Whenever a line below holds the word "Option", copy that line.

Available data Block Start

-- ===== src/TlsRetry/Normalize.antt =====
-- internal/tlsretrybatch/normalize.go, and initializeTargets of observer.go.
use reachrun.Prelude.{
  ℕ, ◌+◌, ◌-◌, true, false, if◌then◌else◌, Option, none, some, List, [], ◌∷◌, ◌++◌, map, take,
  length, ltb, is_empty, contains, Bytes, codes,
}
use mathlib.Core.Option
use reachrun.NetTarget.Address.{NetLibrary}
use reachrun.NetTarget.PublicIp.{PublicIp, IpError, normalize_public_ip}
use reachrun.TlsRetry.{attempt_limit, TargetResult, not_started}

abbrev pub target_limit : ℕ
target_limit = 4

abbrev pub request_target_limit : ℕ
request_target_limit = 16

-- Times are milliseconds.
pub record Input : Type 0 where
  pub targets : List Bytes
  pub target_limit : ℕ
  pub concurrency_limit : ℕ
  pub attempt_limit : ℕ
  pub retry_limit : ℕ
  pub port : ℕ
  pub sni_mode : Bytes
  pub identity_verification : Bytes
  pub per_attempt_timeout_ms : ℕ
  pub backoff_min_ms : ℕ
  pub backoff_max_ms : ℕ

-- The errors; `bad_target` has the position of the target.
pub data Invalid : Type 0 where
  no_targets too_many : Invalid
  bad_target : ℕ → IpError → Invalid

-- What the loop over the targets keeps; the set `seen` has the entries of `targets`.
pub record Scan : Type 0 where
  pub targets : List Bytes
  pub first_error : Option Invalid

unfoldable pub scan_step : ℕ → PublicIp → Scan → Scan
scan_step index r s = record {
  targets = elim (contains r.text s.targets) [
    | true ↦ s.targets
    | false ↦ s.targets ++ r.text ∷ []
  ];
  first_error = elim s.first_error [
    | some first ↦ some first
    | none ↦ Option.map (bad_target index) r.error
  ];
}

abbrev pub input_of : List Bytes → Input
input_of targets = record {
  targets = targets;
  target_limit = target_limit;
  concurrency_limit = 2;
  attempt_limit = attempt_limit;
  retry_limit = attempt_limit - 1;
  port = 443;
  sni_mode = codes "omitted_no_hostname";
  identity_verification = codes "not_performed_no_hostname";
  per_attempt_timeout_ms = 5000;
  backoff_min_ms = 100;
  backoff_max_ms = 300;
}

-- The tests behind the loop.
unfoldable pub check_scan : List Bytes → Scan → Option Invalid
check_scan request s = elim (is_empty request) [
  | true ↦ some no_targets
  | false ↦ elim s.first_error [
    | some first ↦ some first
    | none ↦ if ltb request_target_limit (length s.targets) then some too_many else none
  ]
]

module _ (lib : NetLibrary) where
  unfoldable pub scan_targets : ℕ → List Bytes → Scan → Scan
  scan_targets index [] s = s
  scan_targets index (value ∷ values) s =
      scan_targets (index + 1) values (scan_step index (normalize_public_ip lib value) s)

  unfoldable pub normalize_request : List Bytes → Input × Option Invalid
  normalize_request request =
      let s = scan_targets 0 request (record { targets = []; first_error = none }) in
      (input_of s.targets, check_scan request s)

abbrev pub bounded_targets : Input → List Bytes
bounded_targets input = take target_limit input.targets

abbrev pub omitted_targets : Input → ℕ
omitted_targets input = length input.targets - target_limit

-- `targetFamily` is netip's.
abbrev pub initialize_targets : (Bytes → Bytes) → Input → List TargetResult
initialize_targets target_family input =
    map
      (λ value. record {
        dial_ip = value;
        family = target_family value;
        status = not_started;
        attempts = [];
        attempts_nil = false;
      })
      (bounded_targets input)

Available data Block End

◆ **Response area**
  ℕ, ◌+◌, ◌-◌, true, false, if◌then◌else◌, Option, none, some, List, [], ◌∷◌, ◌++◌, map, take,
use mathlib.Core.Option
  pub first_error : Option Invalid
    | none ↦ Option.map (bad_target index) r.error
unfoldable pub check_scan : List Bytes → Scan → Option Invalid
  unfoldable pub normalize_request : List Bytes → Input × Option Invalid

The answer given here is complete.